From 028c874f810f5dad91f4899352e25864db9a4528 Mon Sep 17 00:00:00 2001
From: Ian Barwick <barwick@gmail.com>
Date: Fri, 11 Jan 2019 16:34:04 +0900
Subject: [PATCH] "standby follow": simplify check when follow target has
 higher timeline

No need for a CHECKPOINT here, which simplifies things considerably.
---
 doc/repmgr-standby-follow.sgml | 43 ++++++++++++++++------------
 repmgr-action-standby.c        | 52 +++++++---------------------------
 2 files changed, 35 insertions(+), 60 deletions(-)
diff --git a/doc/repmgr-standby-follow.sgml b/doc/repmgr-standby-follow.sgml
index 86956568..fba841e1 100644
--- a/doc/repmgr-standby-follow.sgml
+++ b/doc/repmgr-standby-follow.sgml
@@ -22,6 +22,17 @@
       default location; no additional arguments are required.
     </para>
 
+	<para>
+	  By default &repmgr; will attempt to attach the standby to the current primary.
+	  If <option>--upstream-node-id</option> is provided, &repmgr; will attempt
+	  to attach the standby to the specified node, which can be another standby.
+	</para>
+
+    <para>
+      This command will force a restart of the standby server, which must be
+      running.
+    </para>
+
 	<tip>
       <para>
 		To re-add an inactive node to the replication cluster, use
@@ -29,29 +40,25 @@
       </para>
 	</tip>
 
-    <para>
-      This command will force a restart of the standby server, which must be
-      running. Additionally, in order to be able to verify whether the standby
-      can attach to the upstream node, a <command>CHECKPOINT</command> will
-      be executed - this requires superuser privileges, and will be executed
-      even with the <option>--dry-run</option> option.
-    </para>
-
-    <important>
-      <para>
-        If the &repmgr; database user is not a superuser, it will not be possible
-        to execute <command>CHECKPOINT</command>, meaning &repmgr; may not be
-        able to determine whether the upstream node can be followed.
-      </para>
-    </important>
-
-
 	<para>
 	  <command>repmgr standby follow</command> will wait up to
 	  <varname>standby_follow_timeout</varname> seconds (default: <literal>30</literal>)
-	  to verify the standby has actually connected to the new primary.

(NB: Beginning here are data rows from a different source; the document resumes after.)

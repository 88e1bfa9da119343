-- ===== src/Chan/Drain.antt =====
-- The loops of mt_chan_wake_closed_waiters.
use mathlib.Core.Path.{subst}
use native.Mathlib.Nat.{le_trans}
use native.Mathlib.Decide.{ℕ_discrete}
use microthread.Base.{
  ℕ, zero, suc, ◌≤◌, ◌<◌, ◌≡◌, refl, sym, ap, ◌∙◌, update_self, inl, inr, some, List, [], ◌∷◌,
  arith, length, eq→==, ne→==, Option-cases,
}
use microthread.State.{Code, Chan, Runtime}
use microthread.Transitions.{set_chan, complete_channel_wait}
use microthread.SelectWait.{complete_waiter}
use microthread.Queue.Fifo
use microthread.Chan.{pop_select_send, pop_select_recv}
use microthread.Chan.Frame.{Shrunk, chan-complete_channel_wait, complete_waiter-Shrunk}
use microthread.Chan.Stable.{Stable, length-rest, length_of_none}
use microthread.Chan.Ops.{
  drain, drain_all, end_send, end_recv, end_select_send, end_select_recv, wake_closed_waiters,
}

-- `b` is `a` with some waiters of any kind taken out
pub record Fewer (a b : Chan) : Type 0 where
  pub capacity : b.capacity ≡ a.capacity
  pub len : b.len ≡ a.len
  pub head : b.head ≡ a.head
  pub tail : b.tail ≡ a.tail
  pub buffer : b.buffer ≡ a.buffer
  pub closed : b.closed ≡ a.closed
  pub send : length b.send ≤ length a.send
  pub recv : length b.recv ≤ length a.recv
  pub select_send : length b.select_send ≤ length a.select_send
  pub select_recv : length b.select_recv ≤ length a.select_recv

abbrev pub AllFewer : Runtime → Runtime → Type 0
AllFewer rt rt' = (c : ℕ) → Fewer (rt.chan c) (rt'.chan c)

Fewer-refl : (a : Chan) → Fewer a a
Fewer-refl a = ground arith

Fewer-trans : (a b c : Chan) → Fewer a b → Fewer b c → Fewer a c
Fewer-trans a b c p q = ground arith

AllFewer-trans : (x y z : Runtime) → AllFewer x y → AllFewer y z → AllFewer x z
AllFewer-trans x y z p q c = Fewer-trans (x.chan c) (y.chan c) (z.chan c) (p c) (q c)

Fewer-of_Shrunk : (a b : Chan) → Shrunk a b → Fewer a b
Fewer-of_Shrunk a b s = ground arith

pub Fewer-Stable : (a b : Chan) → Fewer a b → Stable a → Stable b
Fewer-Stable a b f s = ground arith

Fewer-set_chan :
    (rt : Runtime) (c : ℕ) (x : Chan) → Fewer (rt.chan c) x → AllFewer rt (set_chan rt c x)
Fewer-set_chan rt c x f d = elim (ℕ_discrete c d) [
  | yes e ↦ rw (eq→== c d e) (subst (λ k. Fewer (rt.chan k) x) e f)
  | no ne ↦ rw (ne→== c d ne) (Fewer-refl (rt.chan d))
]

add_one_le : {m n : ℕ} → m ≤ n → suc m ≤ suc n
add_one_le h = omega arith

-- A loop that takes a waiter out in each round empties its queue.
module _ (queue : Chan → List ℕ) (end_one : Runtime → ℕ → ℕ → Runtime)
    (fewer : (rt : Runtime) (c x : ℕ) → AllFewer rt (end_one rt c x))
    (shorter : (rt : Runtime) (c x : ℕ)
      → Fifo.first (queue (rt.chan c)) ≡ some x
      → length (queue ((end_one rt c x).chan c)) < length (queue (rt.chan c))) where
  pub drain_lem :
      (k : ℕ) (rt : Runtime) (c : ℕ)
      → length (queue (rt.chan c)) ≤ k
      → AllFewer rt (drain queue end_one k rt c)
        × (length (queue ((drain queue end_one k rt c).chan c)) ≡ 0)
  unfolding drain
  drain_lem zero rt c h = (λ d. Fewer-refl (rt.chan d), omega (arith, h))
  drain_lem (suc k) rt c h = elim (Option-cases (Fifo.first (queue (rt.chan c)))) [
    | inl e ↦ rw (e, drain) (λ d. Fewer-refl (rt.chan d), length_of_none (queue (rt.chan c)) e)
    | inr (x, e) ↦
        let rt' = end_one rt c x in
        let (f, z) = drain_lem k rt' c (omega (arith, shorter rt c x e)) in
        rw (e, drain)
          (
            λ d.
                Fewer-trans (rt.chan d) (rt'.chan d) ((drain queue end_one k rt' c).chan d)
                  (fewer rt c x d) (f d),
            z,
          )
  ]

end_channel_wait :
    (rt : Runtime) (c t : ℕ) (x : Chan)
    → Fewer (rt.chan c) x
    → AllFewer rt (complete_channel_wait (set_chan rt c x) t Code.err_closed)
end_channel_wait rt c t x f =
    subst (λ (g : ℕ → Chan). (d : ℕ) → Fewer (rt.chan d) (g d))
      (sym (chan-complete_channel_wait (set_chan rt c x) t Code.err_closed))
      (Fewer-set_chan rt c x f)

end_select :
    (rt rt' : Runtime) (w : ℕ)
    → AllFewer rt rt'
    → AllFewer rt (complete_waiter rt' w Code.err_closed)
end_select rt rt' w f d =
    Fewer-trans (rt.chan d) (rt'.chan d) ((complete_waiter rt' w Code.err_closed).chan d) (f d) (
      Fewer-of_Shrunk (rt'.chan d) ((complete_waiter rt' w Code.err_closed).chan d)
        (complete_waiter-Shrunk rt' w Code.err_closed d))

drop-lt : (xs : List ℕ) (x : ℕ) → Fifo.first xs ≡ some x → length (Fifo.rest xs) < length xs
drop-lt [] x e = cc
drop-lt (y ∷ xs) x e = omega arith

chan-end :
    (rt : Runtime) (c t : ℕ) (x : Chan)
    → (complete_channel_wait (set_chan rt c x) t Code.err_closed).chan c ≡ x
chan-end rt c t x =
    ap (λ (f : ℕ → Chan). f c) (chan-complete_channel_wait (set_chan rt c x) t Code.err_closed)
    ∙ update_self rt.chan c x

-- what a loop of mt_chan_wake_closed_waiters leaves
abbrev Drained : (Chan → List ℕ) → (Runtime → ℕ → ℕ → Runtime) → Runtime → ℕ → Type 0
Drained queue end_one rt c =
    AllFewer rt (drain_all queue end_one rt c)
    × (length (queue ((drain_all queue end_one rt c).chan c)) ≡ 0)

drain_send : (rt : Runtime) (c : ℕ) → Drained (λ ch. ch.send) end_send rt c
drain_send rt c =
    drain_lem (λ ch. ch.send) end_send
      (λ rt d t. end_channel_wait rt d t _ (ground (arith, length-rest (rt.chan d).send)))
      (λ rt d t e. rw (chan-end rt d t _) (drop-lt (rt.chan d).send t e)) (length (rt.chan c).send)
      rt c (omega arith)

drain_recv : (rt : Runtime) (c : ℕ) → Drained (λ ch. ch.recv) end_recv rt c
drain_recv rt c =
    drain_lem (λ ch. ch.recv) end_recv
      (λ rt d t. end_channel_wait rt d t _ (ground (arith, length-rest (rt.chan d).recv)))
      (λ rt d t e. rw (chan-end rt d t _) (drop-lt (rt.chan d).recv t e)) (length (rt.chan c).recv)
      rt c (omega arith)

drain_select_send : (rt : Runtime) (c : ℕ) → Drained (λ ch. ch.select_send) end_select_send rt c
drain_select_send rt c =
    drain_lem (λ ch. ch.select_send) end_select_send
      (λ rt d w.
        end_select rt (pop_select_send rt d w) w
          (Fewer-set_chan rt d _ (ground (arith, length-rest (rt.chan d).select_send))))
      (λ rt d w e.
        le_trans
          (add_one_le
            (complete_waiter-Shrunk (pop_select_send rt d w) w Code.err_closed d).select_send)
          (rw (eq→== d d refl) (drop-lt (rt.chan d).select_send w e)))
      (length (rt.chan c).select_send) rt c (omega arith)

drain_select_recv : (rt : Runtime) (c : ℕ) → Drained (λ ch. ch.select_recv) end_select_recv rt c
drain_select_recv rt c =
    drain_lem (λ ch. ch.select_recv) end_select_recv
      (λ rt d w.
        end_select rt (pop_select_recv rt d w) w
          (Fewer-set_chan rt d _ (ground (arith, length-rest (rt.chan d).select_recv))))
      (λ rt d w e.
        le_trans
          (add_one_le
            (complete_waiter-Shrunk (pop_select_recv rt d w) w Code.err_closed d).select_recv)
          (rw (eq→== d d refl) (drop-lt (rt.chan d).select_recv w e)))
      (length (rt.chan c).select_recv) rt c (omega arith)

-- nobody waits on the channel
pub record IsIdle (ch : Chan) : Type 0 where
  pub send : length ch.send ≡ 0
  pub recv : length ch.recv ≡ 0
  pub select_send : length ch.select_send ≡ 0
  pub select_recv : length ch.select_recv ≡ 0

pub wake_lem :
    (rt : Runtime) (c : ℕ)
    → AllFewer rt (wake_closed_waiters rt c) × IsIdle ((wake_closed_waiters rt c).chan c)
unfolding wake_closed_waiters
wake_lem rt c =
    let a = drain_all (λ ch. ch.send) end_send rt c in
    let b = drain_all (λ ch. ch.recv) end_recv a c in
    let d = drain_all (λ ch. ch.select_send) end_select_send b c in
    let (fa, za) = drain_send rt c in
    let (fb, zb) = drain_recv a c in
    let (fd, zd) = drain_select_send b c in
    let (fe, ze) = drain_select_recv d c in
    (
      AllFewer-trans rt a (wake_closed_waiters rt c) fa (
          AllFewer-trans a b (wake_closed_waiters rt c) fb
            (AllFewer-trans b d (wake_closed_waiters rt c) fd fe)),
      record {
        send = omega (arith, fb c, fd c, fe c);
        recv = omega (arith, fd c, fe c);
        select_send = omega (arith, fe c);
        select_recv = ze;
      },
    )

+	  to verify the standby has actually connected to the new upstream node.
 	</para>
 
+	<note>
+	  <para>
+		If <option>recovery_min_apply_delay</option> is set for the standby, it
+		will not attach to the new upstream node until it has replayed available
+		WAL.
+	  </para>
+	  <para>
+		Conversely, if the standby is attached follows another standby
+		with <option>recovery_min_apply_delay</option> set, that standby's replay
+		state may actually be behind that of its new downstream node.
+	  </para>
+	</note>
+
   </refsect1>
 
   <refsect1>
diff --git a/repmgr-action-standby.c b/repmgr-action-standby.c
index 0bd766c8..f2d218a4 100644
--- a/repmgr-action-standby.c
+++ b/repmgr-action-standby.c
@@ -2633,8 +2633,6 @@ do_standby_follow(void)
 		else
 		{
 			XLogRecPtr local_xlogpos = get_current_lsn(local_conn);
-			bool can_follow = true;
-			XLogRecPtr local_min_recovery_location = InvalidXLogRecPtr;
 
 			/*
 			 * upstream has higher timeline - check where it forked off from this node's timeline
@@ -2650,8 +2648,6 @@ do_standby_follow(void)
 				exit(ERR_FOLLOW_FAIL);
 			}
 
-			local_min_recovery_location = get_min_recovery_location(config_file_options.data_directory);
-
 			/*
 			 * Local node has proceeded beyond the follow target's fork, so we
 			 * definitely can't attach.
@@ -2660,59 +2656,31 @@ do_standby_follow(void)
 			 * not contain all changes which are being replayed to this standby.
 			 */
 			if (local_xlogpos > follow_target_history->end)
-			{
-				can_follow = false;
-			}
-			else
-			{
-				/*
-				 * XXX can we establish what the window is where we *need* to execute
-				 * a CHECKPOINT?
-				 */
-
-				/*
-				 * Execute CHECKPOINT on the local node - we'll need this to update
-				 * the pg_control file so we can compare positions with the new upstream.
-				 * There is no way of avoiding this for --dry-run.
-				 */
-
-				if (is_superuser_connection(local_conn, NULL) == true)
-				{
-					log_notice(_("executing CHECKPOINT"));
-					checkpoint(local_conn);
-				}
-				else
-				{
-					log_warning(_("connection is not a superuser, unable to execute CHECKPOINT"));
-					log_detail(_("a CHECKPOINT is required in order to compare local and follow target states"));
-				}
-
-				log_debug("upstream tli: %i; branch LSN: %X/%X",
-						  follow_target_history->tli, format_lsn(follow_target_history->end));
-
-				if (follow_target_history->end < local_min_recovery_location)
-					can_follow = false;
-			}
-
-			if (can_follow == false)
 			{
 				log_error(_("this node cannot attach to follow target node %i"),
 						  follow_target_node_id);
 				log_detail(_("follow target server's timeline %i forked off current database system timeline %i before current recovery point %X/%X\n"),
 						   local_identification.timeline + 1,
 						   local_identification.timeline,
-						   format_lsn(local_min_recovery_location));
+						   format_lsn(local_xlogpos));
 
 				PQfinish(follow_target_conn);
-				PQfinish(follow_target_repl_conn);
 				PQfinish(local_conn);
 				exit(ERR_FOLLOW_FAIL);
 			}
+			if (runtime_options.dry_run == true)
+			{
+				log_info(_("local node %i can follow target node %i"),
+						 config_file_options.node_id,
+						 follow_target_node_id);
+				log_detail(_("local node's recovery point: %X/%X; follow target node's fork point: %X/%X"),
+						   format_lsn(local_xlogpos),
+						   format_lsn(follow_target_history->end));
+			}
 		}
 	}
 
 	PQfinish(local_conn);
-
 	PQfinish(follow_target_repl_conn);
 
 	if (runtime_options.dry_run == true)